The Signs & Symptoms of Friedreich's Ataxia are:

• loss of coordination (ataxia) in the arms and legs
• fatigue - energy deprivation and muscle loss
• vision impairment, hearing loss, and slurred speech
• aggressive scoliosis (curvature of the spine)
• diabetes mellitus (insulin - dependent, in most cases)
• serious heart conditions, including  hypertrophic cardiomyopathy and arrthymias

These symptoms are not present in all individuals with FA, for example diabetes occurs in about 10-20% of individuals with FA. The intellectual capabilities of people with Friedreich's ataxia remain completely intact. The progressive loss of coordination and muscle strength leads to muscle incapacitation and the eventual full-time use of a wheelchair. Most young people diagnosed with FA require mobility aids such as a cane, walker, or wheelchair by their teens or early 20s.

Genetic testing analyzes the FXN gene, which is the only gene identified to cause Friedreich's ataxia.

Positive genetic test results for Friedreich’s ataxia usually contain two numbers that indicate presence of the disease. What do these numbers mean? Our genetic code is spelled out along the double helix of our DNA by triplet combinations of four nucleotides labeled A, T, C, and G. At the key place in the FXN gene of a person not affected with the disease, only a dozen or so triplet combinations of the nucleotides GAA would be found. In a person affected with FA; however, this combination of the GAA nucleotides is usually repeated hundreds of times, making it very difficult for the normal part of the gene to be read or "transcribed"; thus, limiting the amount of frataxin protein that can be encoded and formed. {Please see the information under the tab “Effect of genetic mutations” for an explanation on how the GAA repeat expansion silences the FXN gene}

For FA, in 96% of affected individuals, the two FXN gene alleles have GAA triplet repeat expansions that silence expression of the gene, preventing enough frataxin protein made for function in the mitochondria. The two numbers in the genetic test reports refer to the number of GAA triplet repeats on each allele copy of the FXN gene. One number is associated with the allele (gene) inherited from mom and the other number is associated with the allele (gene) inherited from dad. The expanded numbers of the GAA triplet repeats confirm the inheritance of Friedreich's ataxia. Research seems to indicate general correlation between some FA symptoms and the numbers of GAA repeats.

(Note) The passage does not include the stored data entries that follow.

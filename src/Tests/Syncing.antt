-- ===== src/Tests/Syncing.antt =====
-- A vessel and its office.
use ovl.Base.{ℕ, true, false, none, some, List, [], ◌∷◌, ◌≡◌, ◌↔◌, ◌<◌, refl, sym, some_inv, arith}
use ovl.Base.Dict.{lookup}
use ovl.Base.Floats.{whole_floats}
use ovl.Validation.Report.{Fields}
use ovl.Domain.State.{State}
use ovl.Domain.Event.{EventType, Detail, Event}
use ovl.Domain.Report.{Report}
use ovl.Wire.{
  StructPb, or_empty, ReportVersion, ReportAuditEvent, report_version_from_domain,
  report_version_to_domain, report_audit_event_from_domain, report_audit_event_to_domain,
  schema_kind_from_name, log_abstract, wire_submitted, wire_submit, audit_event_type_by_domain,
  domain_by_audit_event_type, lifecycle_state_by_domain,
}
use ovl.Wire.RoundTrip.{carried, report_version_to_domain-from_domain}
use ovl.Office.Landing.{OfficeDb, has_outbox_receipt}
use ovl.Office.Landing.Push.{
  land, land_event, receipted, WireItem, audit_event_payload, Turn, apply_outbox_item, push_outbox,
}
use ovl.Office.Landing.Retry.{all_accepted, push_outbox-again}
use ovl.Vessel.Outbox.{audit_event_item, report_version_item, Outbox, list_outbox_items}
use ovl.Vessel.Outbox.Order.{
  OutboxCall, enqueue, acknowledge_item, outbox_calls, queue_calls, list_outbox_items-queue,
}
use ovl.Tests.{report, filled_in, stable_slice}

-- Structs that keep what is put in.
pub data Struct : Type 0 where
  of_fields : Fields ℕ → Struct
  of_detail : Detail ℕ → Struct

abbrev pub as_map : Struct → Fields ℕ
as_map (of_fields fields) = fields
as_map (of_detail d) = none

abbrev pub as_detail : Struct → Detail ℕ
as_detail (of_fields fields) = Detail.empty
as_detail (of_detail d) = d

abbrev pub structs : StructPb ℕ Struct
structs = record {
  new_struct = λ fields. some (of_fields (or_empty fields));
  as_map = as_map;
  new_detail = λ d. some (of_detail d);
  as_detail = as_detail;
  as_map-new_struct = λ fields s h. rw (sym (some_inv h)) refl;
  as_detail-new_detail = λ d s h. rw (sym (some_inv h)) refl;
}

abbrev pub log_report : Report ℕ
log_report = record (report State.submitted filled_in) { schema_name = "log-abstract" }

abbrev log_version : ReportVersion Struct
log_version = record {
  report_id = "r";
  version_no = 1;
  schema_kind = log_abstract;
  schema_version = "";
  event_type = "Arrival";
  state = wire_submitted;
  event_time = 100;
  fields = of_fields filled_in;
  submitted_at = none;
}

log_version_sent : report_version_from_domain ⦃pb = structs⦄ log_report ≡ some log_version
unfolding report_version_from_domain schema_kind_from_name lookup lifecycle_state_by_domain
log_version_sent = refl

report_version_to_domain-from_domain_example :
    (report_version_to_domain ⦃pb = structs⦄ log_version ≡ some (carried log_report))
    ↔ (1 < 0x80000000)
report_version_to_domain-from_domain_example =
    report_version_to_domain-from_domain ⦃pb = structs⦄ log_report log_version (ground arith)
      log_version_sent

abbrev pub submitted_event : Event ℕ
submitted_event = record {
  report_id = "r";
  version_no = 1;
  type = EventType.submitted;
  at = 7;
  actor = "master";
  detail = Detail.empty;
}

abbrev pub audit_event : ReportAuditEvent Struct
audit_event = record {
  report_id = "r";
  version_no = 1;
  event_type = wire_submit;
  actor = "master";
  occurred_at = 7;
  detail = of_detail Detail.empty;
}

pub audit_event_sent :
    report_audit_event_from_domain ⦃pb = structs⦄ submitted_event ≡ some audit_event
unfolding report_audit_event_from_domain audit_event_type_by_domain
audit_event_sent = refl

abbrev pub empty_outbox : Outbox
empty_outbox = record { next_no = 1; rows = [] }

abbrev outbox_history : List OutboxCall
outbox_history =
    enqueue (some "a") 5 report_version_item "r" 1 none none
    ∷ enqueue (some "b") 5 audit_event_item "r" 1 (some 1) none
    ∷ acknowledge_item "a"
    ∷ []

list_outbox_items-queue_example :
    list_outbox_items (outbox_calls outbox_history empty_outbox)
    ≡ queue_calls outbox_history empty_outbox (list_outbox_items empty_outbox)
list_outbox_items-queue_example = list_outbox_items-queue outbox_history empty_outbox (tt, tt)

abbrev pub empty_office : OfficeDb ℕ
empty_office = record {
  versions = [];
  audit_events = [];
  chats = [];
  next_chat_seq = 1;
  receipts = [];
  notices = [];
  next_notice_seq = 1;
  groups = ("v", []) ∷ [];
  severities = [];
}

abbrev pub fine : ℕ → Turn
fine now = record {
  now = now;
  receipt_read_fails = false;
  landing_fails = false;
  cascade_budget = none;
  receipt_write_fails = false;
}

abbrev pub no_receipt : ℕ → Turn
no_receipt now = record (fine now) { receipt_write_fails = true }

abbrev pub event_item : WireItem Struct
event_item = record { item_id = "e"; sequence_no = 2; payload = audit_event_payload audit_event }

event_accepted :
    all_accepted
      (push_outbox ⦃fl = whole_floats⦄ ⦃pb = structs⦄ stable_slice "v"
        (λ id. fine 9)
        (event_item ∷ [])
        empty_office).1
    ≡ true
unfolding push_outbox apply_outbox_item has_outbox_receipt land land_event receipted
    report_audit_event_to_domain domain_by_audit_event_type
event_accepted = refl

push_outbox-again_example :
    push_outbox ⦃fl = whole_floats⦄ ⦃pb = structs⦄ stable_slice "v"
      (λ id. no_receipt 12)
      (event_item ∷ [])
      (push_outbox ⦃fl = whole_floats⦄ ⦃pb = structs⦄ stable_slice "v"
        (λ id. fine 9)
        (event_item ∷ [])
        empty_office).0
    ≡ push_outbox ⦃fl = whole_floats⦄ ⦃pb = structs⦄ stable_slice "v"
        (λ id. fine 9)
        (event_item ∷ [])
        empty_office
push_outbox-again_example =
    push_outbox-again ⦃fl = whole_floats⦄ ⦃pb = structs⦄ stable_slice "v" (λ id. fine 9)
      (λ id. no_receipt 12) (event_item ∷ []) empty_office event_accepted (λ id. refl)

In ~4% of people affected with Friedreich’s ataxia, the genetic test report includes one allele of the FXN gene with a GAA triplet repeat expansion and the other allele with a single nucleotide change, called a point mutation, or a deletion in the FXN gene. Changing a nucleotide of A, T, C or G to another nucleotide often causes a change in the frataxin protein structure; thus, causing a change in frataxin’s ability to execute its function. A gene deletion removes a section of nucleotides, which can also result in loss of FXN gene expression and frataxin protein function.

The effect of genetic mutations

FA is an inherited or single gene disorder.  Mutations or DNA changes in the FXN gene cause FA.

FA is inherited in an autosomal recessive manner, meaning that individuals with FA have two mutated or abnormal copies of the FXN gene, this means both biological parents must be a carrier of the disease for a child to be affected.  It is estimated that 1 in 100 people are carriers, and carriers do not exhibit symptoms of FA.  Each such carrier parent has one mutated gene (allele) and one normal gene (allele) in the FXN gene.  Because each child gets one of the mother’s genes and one of the father’s genes in this location, there are four possible combinations of the genes passed down to the child or a 25% chance that the child will have FA.

The FA  gene mutation  limits the production of a protein called frataxin. Frataxin is known to be an important protein that functions in the mitochondria (the energy producing factories) of the cell. Frataxin helps to move iron and is involved with the formation of iron-sulfur clusters, which are necessary components in the function of the mitochondria and thus energy production. We also know that specific nerve cells (neurons) degenerate in people with FA, and this is directly manifested in the symptoms of the disease.
 

The Treatment for Friedreich's Ataxia

FARA is funding research to find treatments and a cure. We believe the treatment era for FA is now! As a result of great advancements to understand the cause of the disease, new treatments are now emerging. These treatments address the causes of FA such as gene mutation, frataxin production, iron sulfur clusters, and mitochondrial function. A full listing of treatment initiatives can be viewed in FARA’s treatment pipeline. Several of these treatments are  in clinical trials which require patient participation.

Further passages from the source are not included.